SmartGit. Proprietary, but completely free for non-commercial use. My current choice of the GUI clients if you want to do complex operations with a GUI. In particular it has comprehensive and smooth support for reset, rebase, and merge. It integrates properly with git hosts. Were I writing a Guide for advanced Git usage I'd possibly base it on this.
Git GUI. Clunky tcl-based but works on all OS. Provides more functionality than the very limited Github Desktop, but no good for complex operations, not smooth, and also not very complete. So its only merit for me is that it comes packaged with git.
Git was written by Linus Torvalds in 2005 and not surprisingly it excels in the management of highly distributed open source projects.
A note on the technology used by Git, irrelevant for its use. A Git repository consists of a set of commits, each referencing one or more parent commits. A commit is fingerprinted by an SHA-1 hex string which provides complete protection against any part of the commit files getting corrupted. Also, the SHA-1 string s used to reference commits (the first 7 digits can even be used in git commands as a commit identifier!). A commit contains a complete stand-alone snapshot of the working file tree.
The main structure in the repository is provided by a directory HEADS that contains a list of branch HEAD commit references. The list of all possible commits in a repository thus is represented by a forest. There can be multiple roots because orphan branches can be created, although the default case would be a single root from which all branches emerge. Each commit history is not a single branch, but a directed graph where all paths eventually join and go to its root, because of merges which join together two branches.
A detached HEAD is a reference to a commit that is not stored (with a branch name) in the HEADS directory. Detached HEADs represent a snapshot of files that you can work on temporarily: they can be made permanent by creating a named branch associated with the HEAD.
In addition, git repositories have a staging area which records, for each file and branch, whether it will be recorded in the next commit or not.
The Git set of commits will normally be automatically garbage collected and compacted.
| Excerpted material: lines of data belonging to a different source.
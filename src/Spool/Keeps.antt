-- ===== src/Spool/Keeps.antt =====
-- `next_pending` and `append_event` keep a spool in order.
use Prim.Native.String.{len}
use superlily.Base.{
  ℕ, zero, suc, ◌+◌, ◌≡◌, refl, ap, subst, Option, none, some, String, List, ◌∷◌, arith, ltb, ◌==◌,
  eq_refl, Bool-cases, Option-cases, inl, inr,
}
use superlily.Spool.{
  Payload, SpoolRecord, SpoolIdentity, Spool, Clock, Libraries, compact, find_identity, find_record,
  events_endpoint,
}
use superlily.Spool.Append.{
  append_event, capture_event, insert_event, new_row, new_identity, note_failure, is_taken,
}
use superlily.Spool.Queue.{
  next_pending, round, Round, returns, continues, first_pending, load_record, Outcome-cases,
}
use superlily.Spool.Order.{IsOrdered, known-weaken}
use superlily.Spool.Changes.{compact-IsOrdered, quarantine-IsOrdered}

abbrev left_by : Round → Spool
left_by (returns r t) = t
left_by (continues t) = t

-- a fact that stays when an identity with a new key is added
module _ (P : List SpoolIdentity → Type 0)
    (grows : (i : SpoolIdentity) (is : List SpoolIdentity)
      → find_identity i.idempotency_key is ≡ none
      → P is
      → P (i ∷ is)) where
  round-IsOrdered :
      (x : Libraries) (c : Clock) (s : Spool) → IsOrdered P s → IsOrdered P (left_by (round x c s))
  unfolding round
  round-IsOrdered x c s h = elim (Option-cases (first_pending s.records)) [
    | inl nothing ↦ rw (nothing, round) (compact-IsOrdered P c s h)
    | inr (row, found) ↦ elim (Bool-cases (ltb c.wall row.next_attempt_at)) [
      | inl later ↦ rw (found, later, round) h
      | inr due ↦ elim (Outcome-cases (load_record x s row)) [
        | inl (r, loaded) ↦ rw (found, due, loaded, round) h
        | inr (e, broken) ↦
            rw (found, due, broken, round) (quarantine-IsOrdered P c row.sequence _ s h)
      ]
    ]
  ]

  after_round-IsOrdered :
      (fuel : ℕ) (x : Libraries) (c : Clock) (s t : Spool) (r : Option SpoolRecord) (o : Round)
      → round x c s ≡ o
      → IsOrdered P (left_by o)
      → ((u : Spool) → IsOrdered P u → next_pending fuel x c u ≡ some (r, t) → IsOrdered P t)
      → next_pending (suc fuel) x c s ≡ some (r, t)
      → IsOrdered P t
  unfolding next_pending
  after_round-IsOrdered fuel x c s t r (returns q u) same h later e =
      subst (IsOrdered P) (ap get_spool (rw (same, next_pending) at e)) h
    where
      get_spool : Option (Option SpoolRecord × Spool) → Spool
      get_spool none = u
      get_spool (some (p, v)) = v
  after_round-IsOrdered fuel x c s t r (continues u) same h later e =
      later u h (rw (same, next_pending) at e)

  pub next_pending-IsOrdered :
      (fuel : ℕ) (x : Libraries) (c : Clock) (s t : Spool) (r : Option SpoolRecord)
      → IsOrdered P s
      → next_pending fuel x c s ≡ some (r, t)
      → IsOrdered P t
  unfolding next_pending
  next_pending-IsOrdered zero x c s t r h e = cc
  next_pending-IsOrdered (suc fuel) x c s t r h e =
      after_round-IsOrdered fuel x c s t r (round x c s) refl (round-IsOrdered x c s h)
        (λ u ordered found. next_pending-IsOrdered fuel x c u t r ordered found) e

  insert-IsOrdered :
      (x : Libraries) (s : Spool) (body : String) (i : SpoolIdentity)
      → i.sequence ≡ s.spool_meta.next_sequence
      → IsOrdered P s
      → IsOrdered P (insert_event x s body i).1
  unfolding insert_event new_row is_taken
  insert-IsOrdered x s body i next h =
      elim (Bool-cases (ltb s.max_record_bytes (len (new_row x s body i).payload_json))) [
        | inl large ↦ rw (large, insert_event) h
        | inr fits ↦ elim (Bool-cases (is_taken i s)) [
          | inl taken ↦ rw (fits, taken, insert_event) h
          | inr free ↦
              rw (fits, free, insert_event)
                (record {
                  rows_descend = (omega (arith, next), rw next h.rows_descend);
                  identities_descend = (omega (arith, next), rw next h.identities_descend);
                  rows_known = (
                    ground (arith, eq_refl i.idempotency_key, eq_refl i.record_sha256),
                    known-weaken i s.identities s.records h.rows_known,
                  );
                  keys_distinct = ground (arith, free, h.keys_distinct);
                  fact = grows i s.identities (ground (arith, free)) h.fact;
                })
        ]
      ]

  -- a call that only changes counters and the last error
  counters-IsOrdered :
      (s t : Spool)
      → IsOrdered P s
      → t.spool_meta.next_sequence ≡ s.spool_meta.next_sequence
      → t.records ≡ s.records
      → t.identities ≡ s.identities
      → IsOrdered P t
  counters-IsOrdered s t h same_next same_rows same_identities = record {
    rows_descend = rw (same_next, same_rows) h.rows_descend;
    identities_descend = rw (same_next, same_identities) h.identities_descend;
    rows_known = rw (same_rows, same_identities) h.rows_known;
    keys_distinct = rw same_identities h.keys_distinct;
    fact = rw same_identities h.fact;
  }

  capture-IsOrdered :
      (x : Libraries) (c : Clock) (body key hash : String) (s : Spool)
      → IsOrdered P s
      → IsOrdered P (capture_event x c body key hash s).1
  unfolding capture_event note_failure new_identity
  capture-IsOrdered x c body key hash s h =
      let size : ℕ = len (x.dumps (record { body = body; ingress = none })) + 8192 in
      elim (Bool-cases (ltb s.max_record_bytes size)) [
        | inl large ↦ rw (large, capture_event) (counters-IsOrdered s _ h refl refl refl)
        | inr fits ↦
            elim (Bool-cases (ltb (compact c s).quota_bytes (x.live_bytes (compact c s) + size))) [
              | inl over ↦
                  rw (fits, over, capture_event)
                    (counters-IsOrdered (compact c s) _ (compact-IsOrdered P c s h) refl refl refl)
              | inr within ↦
                  rw (fits, within, capture_event)
                    (insert-IsOrdered x (compact c s) body _ refl (compact-IsOrdered P c s h))
            ]
      ]

  pub append-IsOrdered :
      (x : Libraries) (c : Clock) (payload : Payload) (key : String) (s : Spool)
      → IsOrdered P s
      → IsOrdered P (append_event x c payload key s).1
  unfolding append_event note_failure
  append-IsOrdered x c payload key s h =
      let hash : String = x.record_hash events_endpoint key payload.body in
      elim (Bool-cases (key == "")) [
        | inl empty ↦ rw (empty, append_event) h
        | inr named ↦ elim (Option-cases (find_record key s.records)) [
          | inr (r, found) ↦ elim (Bool-cases (r.record_sha256 == hash)) [
            | inl same ↦ rw (named, found, same, append_event) h
            | inr other ↦
                rw (named, found, other, append_event) (counters-IsOrdered s _ h refl refl refl)
          ]
          | inl absent ↦ elim (Option-cases (find_identity key s.identities)) [
            | inr (i, found) ↦ elim (Bool-cases (i.record_sha256 == hash)) [
              | inl same ↦ rw (named, absent, found, same, append_event) h
              | inr other ↦
                  rw (named, absent, found, other, append_event)
                    (counters-IsOrdered s _ h refl refl refl)
            ]
            | inl unknown ↦
                rw (named, absent, unknown, append_event)
                  (capture-IsOrdered x c payload.body key hash s h)
          ]
        ]
      ]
This can be controlled via git gc
. Git has clever heuristics to compact the (redundant) information stored in multiple commits so that common strings are only stored once. The garbage collection process will redo this compaction. Note that the effect is similar to if each diff was a delta containing the differences from its parents, but superior to this in some respects. Note that the Commit SHA-1 hash is based on the exact contents of a given file tree at the time of its commit (as well as commit-specific identification). Therefore there is no possibility of gc bugs invalidating data - the worst that can happen is that a commit is lost.
Also, because common strings are identified and hash fingerprinted by contents only, the same compaction method can be used to reduce redundant traffic between repositories when fetching commits that make small changes to files.
This technology is clever and results in a system that is robust and reasonably efficient.
SHA-1 hashes were viewed as cryptograhically secure at one time. Now it has been shown that brute force techniques (3 months time on super-large distributed computers) can break SHA-1 by finding code that has a duplicate SHA-1 hash. Linus Torvalds (who created git) views this as very far from what is needed to make git insecure because he points out that exploits based on SHA-1 weakness remain effectively impossible for various other reasons. This is an interesting argument which will go on running: as with all encryption there is also the future threat of quantum computers powerful enough to break it.